=== DATASET RECORDS ===

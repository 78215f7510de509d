-- ===== src/Notify/Dedup/Window.antt =====
-- The memory of ids after any messages: bounded, without repeats, its map and its order list in
-- step.
use edge_sync.Base.{
  member, delete, ℕ, ◌/◌, ◌≤◌, ◌≡◌, refl, sym, subst, ◌∙◌, inl, inr, List, [], ◌∷◌, ◌++◌, true,
  false, ite, length, length-append, length-drop, take, drop, take-append-drop, ltb, ltb→lt, not,
  Text, text_eq, arith, Bool-cases, ◌||◌, ◌&&◌,
}
use edge_sync.Notify.Dedup.{Subscriber, delete_all, remember, is_duplicate_at, run, enable_dedup}

-- No id stands twice in the list.
abbrev pub NoRepeats : List Text → Type 0
NoRepeats [] = Unit {0}
NoRepeats (x ∷ xs) = (member x xs ≡ false) × NoRepeats xs

-- The map holds the ids of the order list, which has no repeats and stays within the cap.
pub record IsWindow (cap : ℕ) (s : Subscriber) : Type 0 where
  pub agrees : (x : Text) → member x s.seen ≡ member x s.seen_order
  pub no_repeats : NoRepeats s.seen_order
  pub bounded : length s.seen_order ≤ cap

member-delete :
    (x a : Text) (xs : List Text) → member x (delete a xs) ≡ ite (text_eq a x) false (member x xs)
unfolding member delete
member-delete x a [] = ground arith
member-delete x a (y ∷ ys) = ground (arith, member-delete x a ys)

pub member-append :
    (x : Text) (xs ys : List Text) → member x (xs ++ ys) ≡ member x xs || member x ys
unfolding member
member-append x [] ys = refl
member-append x (y ∷ xs) ys = ground (arith, member-append x xs ys)

member-delete_all :
    (x : Text) (olds xs : List Text)
    → member x (delete_all olds xs) ≡ not (member x olds) && member x xs
unfolding member delete_all
member-delete_all x [] xs = refl
member-delete_all x (a ∷ olds) xs =
    ground (arith, member-delete_all x olds (delete a xs), member-delete x a xs)

NoRepeats-snoc :
    (a : Text) (xs : List Text) → NoRepeats xs → member a xs ≡ false → NoRepeats (xs ++ a ∷ [])
unfolding member
NoRepeats-snoc a [] h n = (refl, tt)
NoRepeats-snoc a (x ∷ xs) h n =
    (ground (arith, member-append x xs (a ∷ [])), NoRepeats-snoc a xs h.1 (ground arith))

NoRepeats-right : (xs ys : List Text) → NoRepeats (xs ++ ys) → NoRepeats ys
NoRepeats-right [] ys h = h
NoRepeats-right (x ∷ xs) ys h = NoRepeats-right xs ys h.1

apart :
    (x : Text) (xs ys : List Text) → NoRepeats (xs ++ ys) → member x xs ≡ true → member x ys ≡ false
unfolding member
apart x [] ys h m = cc
apart x (y ∷ xs) ys h m = ground (arith, member-append y xs ys, apart x xs ys h.1)

module _ (cap : ℕ) (positive : 1 ≤ cap) (id : Text) (s : Subscriber) (w : IsWindow cap s) where
  abbrev order : List Text
  order = s.seen_order ++ id ∷ []

  abbrev half : ℕ
  half = length order / 2

  module _ (new : member id s.seen ≡ false) where
    order-NoRepeats : NoRepeats order
    order-NoRepeats = NoRepeats-snoc id s.seen_order w.no_repeats (sym (w.agrees id) ∙ new)

    member-order : (x : Text) → member x (id ∷ s.seen) ≡ member x order
    unfolding member
    member-order x = ground (arith, member-append x s.seen_order (id ∷ []), w.agrees x)

    split_order :
        (x : Text) → member x order ≡ member x (take half order) || member x (drop half order)
    split_order x =
        subst (λ l. member x l ≡ member x (take half order) || member x (drop half order))
          (take-append-drop half order) (member-append x (take half order) (drop half order))

    halves-NoRepeats : NoRepeats (take half order ++ drop half order)
    halves-NoRepeats = subst NoRepeats (sym (take-append-drop half order)) order-NoRepeats

    evicted-agrees :
        (x : Text)
        → member x (delete_all (take half order) (id ∷ s.seen)) ≡ member x (drop half order)
    evicted-agrees x = ground (
      arith,
      member-delete_all x (take half order) (id ∷ s.seen),
      member-order x,
      split_order x,
      apart x (take half order) (drop half order) halves-NoRepeats,
    )

    remember-IsWindow : IsWindow cap (remember cap id s)
    unfolding remember
    remember-IsWindow = elim (Bool-cases (ltb cap (length order))) [
      | inl full ↦
          rw (full, remember)
            (record {
              agrees = evicted-agrees;
              no_repeats = NoRepeats-right (take half order) (drop half order) halves-NoRepeats;
              bounded = omega (
                arith,
                length-drop half order,
                length-append s.seen_order (id ∷ []),
                w.bounded,
                ltb→lt cap (length order) full,
              );
            })
      | inr room ↦
          rw (room, remember)
            (record { agrees = member-order; no_repeats = order-NoRepeats; bounded = ground arith })
    ]

  is_duplicate_at_off : s.dedup ≡ false → is_duplicate_at cap id s ≡ (false, s)
  unfolding is_duplicate_at
  is_duplicate_at_off off = ground arith

  pub is_duplicate_at_old :
      s.dedup ≡ true → member id s.seen ≡ true → is_duplicate_at cap id s ≡ (true, s)
  unfolding is_duplicate_at
  is_duplicate_at_old on old = ground arith

  pub is_duplicate_at_new :
      s.dedup ≡ true
      → member id s.seen ≡ false
      → is_duplicate_at cap id s ≡ (false, remember cap id s)
  unfolding is_duplicate_at
  is_duplicate_at_new on new = ground arith

  -- Every call keeps the map and the order list in step, free of repeats and within the cap.
  pub is_duplicate_at-IsWindow : IsWindow cap (is_duplicate_at cap id s).1
  is_duplicate_at-IsWindow = elim (Bool-cases s.dedup) [
    | inr off ↦ rw (is_duplicate_at_off off) w
    | inl on ↦ elim (Bool-cases (member id s.seen)) [
      | inl old ↦ rw (is_duplicate_at_old on old) w
      | inr new ↦ rw (is_duplicate_at_new on new) (remember-IsWindow new)
    ]
  ]

pub enable_dedup-IsWindow : (cap : ℕ) (s : Subscriber) → IsWindow cap (enable_dedup s)
unfolding enable_dedup
enable_dedup-IsWindow cap s = record { agrees = λ x. refl; no_repeats = tt; bounded = omega arith }

-- With a positive cap, from a state that is well-formed in this sense (as `EnableDedup` leaves it)
-- any messages keep the memory within the cap, its map and its order list with the same ids, and no
-- id held twice.
pub run-IsWindow :
    (cap : ℕ) (ids : List Text) (s : Subscriber)
    → 1 ≤ cap
    → IsWindow cap s
    → IsWindow cap (run cap ids s)
unfolding run
run-IsWindow cap [] s positive w = w
run-IsWindow cap (id ∷ ids) s positive w =
    run-IsWindow cap ids (is_duplicate_at cap id s).1 positive
      (is_duplicate_at-IsWindow cap positive id s w)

===

**EXERCISE**
Your task is to reproduce all the records above exactly as they appear.

**YOUR SOLUTION**
repository 78215f7510de509d
-- ===== src/Notify/Dedup/Window.antt =====
-- The memory of ids after any messages: bounded, without repeats, its map and its order list in
-- step.
use edge_sync.Base.{
  member, delete, ℕ, ◌/◌, ◌≤◌, ◌≡◌, refl, sym, subst, ◌∙◌, inl, inr, List, [], ◌∷◌, ◌++◌, true,
  false, ite, length, length-append, length-drop, take, drop, take-append-drop, ltb, ltb→lt, not,
  Text, text_eq, arith, Bool-cases, ◌||◌, ◌&&◌,
}
use edge_sync.Notify.Dedup.{Subscriber, delete_all, remember, is_duplicate_at, run, enable_dedup}

-- No id stands twice in the list.
abbrev pub NoRepeats : List Text → Type 0
NoRepeats [] = Unit {0}
NoRepeats (x ∷ xs) = (member x xs ≡ false) × NoRepeats xs

-- The map holds the ids of the order list, which has no repeats and stays within the cap.
pub record IsWindow (cap : ℕ) (s : Subscriber) : Type 0 where
  pub agrees : (x : Text) → member x s.seen ≡ member x s.seen_order
  pub no_repeats : NoRepeats s.seen_order
  pub bounded : length s.seen_order ≤ cap

member-delete :
    (x a : Text) (xs : List Text) → member x (delete a xs) ≡ ite (text_eq a x) false (member x xs)
unfolding member delete
member-delete x a [] = ground arith
member-delete x a (y ∷ ys) = ground (arith, member-delete x a ys)

pub member-append :
    (x : Text) (xs ys : List Text) → member x (xs ++ ys) ≡ member x xs || member x ys
unfolding member
member-append x [] ys = refl
member-append x (y ∷ xs) ys = ground (arith, member-append x xs ys)

member-delete_all :
    (x : Text) (olds xs : List Text)
    → member x (delete_all olds xs) ≡ not (member x olds) && member x xs
unfolding member delete_all
member-delete_all x [] xs = refl
member-delete_all x (a ∷ olds) xs =
    ground (arith, member-delete_all x olds (delete a xs), member-delete x a xs)

NoRepeats-snoc :
    (a : Text) (xs : List Text) → NoRepeats xs → member a xs ≡ false → NoRepeats (xs ++ a ∷ [])
unfolding member
NoRepeats-snoc a [] h n = (refl, tt)
NoRepeats-snoc a (x ∷ xs) h n =
    (ground (arith, member-append x xs (a ∷ [])), NoRepeats-snoc a xs h.1 (ground arith))

NoRepeats-right : (xs ys : List Text) → NoRepeats (xs ++ ys) → NoRepeats ys
NoRepeats-right [] ys h = h
NoRepeats-right (x ∷ xs) ys h = NoRepeats-right xs ys h.1

apart :
    (x : Text) (xs ys : List Text) → NoRepeats (xs ++ ys) → member x xs ≡ true → member x ys ≡ false
unfolding member
apart x [] ys h m = cc
apart x (y ∷ xs) ys h m = ground (arith, member-append y xs ys, apart x xs ys h.1)

module _ (cap : ℕ) (positive : 1 ≤ cap) (id : Text) (s : Subscriber) (w : IsWindow cap s) where
  abbrev order : List Text
  order = s.seen_order ++ id ∷ []

  abbrev half : ℕ
  half = length order / 2

  module _ (new : member id s.seen ≡ false) where
    order-NoRepeats : NoRepeats order
    order-NoRepeats = NoRepeats-snoc id s.seen_order w.no_repeats (sym (w.agrees id) ∙ new)

    member-order : (x : Text) → member x (id ∷ s.seen) ≡ member x order
    unfolding member
    member-order x = ground (arith, member-append x s.seen_order (id ∷ []), w.agrees x)

    split_order :
        (x : Text) → member x order ≡ member x (take half order) || member x (drop half order)
    split_order x =
        subst (λ l. member x l ≡ member x (take half order) || member x (drop half order))
          (take-append-drop half order) (member-append x (take half order) (drop half order))

    halves-NoRepeats : NoRepeats (take half order ++ drop half order)
    halves-NoRepeats = subst NoRepeats (sym (take-append-drop half order)) order-NoRepeats

    evicted-agrees :
        (x : Text)
        → member x (delete_all (take half order) (id ∷ s.seen)) ≡ member x (drop half order)
    evicted-agrees x = ground (
      arith,
      member-delete_all x (take half order) (id ∷ s.seen),
      member-order x,
      split_order x,
      apart x (take half order) (drop half order) halves-NoRepeats,
    )

    remember-IsWindow : IsWindow cap (remember cap id s)
    unfolding remember
    remember-IsWindow = elim (Bool-cases (ltb cap (length order))) [
      | inl full ↦
          rw (full, remember)
            (record {
              agrees = evicted-agrees;
              no_repeats = NoRepeats-right (take half order) (drop half order) halves-NoRepeats;
              bounded = omega (
                arith,
                length-drop half order,
                length-append s.seen_order (id ∷ []),
                w.bounded,
                ltb→lt cap (length order) full,
              );
            })
      | inr room ↦
          rw (room, remember)
            (record { agrees = member-order; no_repeats = order-NoRepeats; bounded = ground arith })
    ]

  is_duplicate_at_off : s.dedup ≡ false → is_duplicate_at cap id s ≡ (false, s)
  unfolding is_duplicate_at
  is_duplicate_at_off off = ground arith

  pub is_duplicate_at_old :
      s.dedup ≡ true → member id s.seen ≡ true → is_duplicate_at cap id s ≡ (true, s)
  unfolding is_duplicate_at
  is_duplicate_at_old on old = ground arith

  pub is_duplicate_at_new :
      s.dedup ≡ true
      → member id s.seen ≡ false
      → is_duplicate_at cap id s ≡ (false, remember cap id s)
  unfolding is_duplicate_at
  is_duplicate_at_new on new = ground arith

  -- Every call keeps the map and the order list in step, free of repeats and within the cap.
  pub is_duplicate_at-IsWindow : IsWindow cap (is_duplicate_at cap id s).1
  is_duplicate_at-IsWindow = elim (Bool-cases s.dedup) [
    | inr off ↦ rw (is_duplicate_at_off off) w
    | inl on ↦ elim (Bool-cases (member id s.seen)) [
      | inl old ↦ rw (is_duplicate_at_old on old) w
      | inr new ↦ rw (is_duplicate_at_new on new) (remember-IsWindow new)
    ]
  ]

pub enable_dedup-IsWindow : (cap : ℕ) (s : Subscriber) → IsWindow cap (enable_dedup s)
unfolding enable_dedup
enable_dedup-IsWindow cap s = record { agrees = λ x. refl; no_repeats = tt; bounded = omega arith }

-- With a positive cap, from a state that is well-formed in this sense (as `EnableDedup` leaves it)
-- any messages keep the memory within the cap, its map and its order list with the same ids, and no
-- id held twice.
pub run-IsWindow :
    (cap : ℕ) (ids : List Text) (s : Subscriber)
    → 1 ≤ cap
    → IsWindow cap s
    → IsWindow cap (run cap ids s)
unfolding run
run-IsWindow cap [] s positive w = w
run-IsWindow cap (id ∷ ids) s positive w =
    run-IsWindow cap ids (is_duplicate_at cap id s).1 positive
      (is_duplicate_at-IsWindow cap positive id s w)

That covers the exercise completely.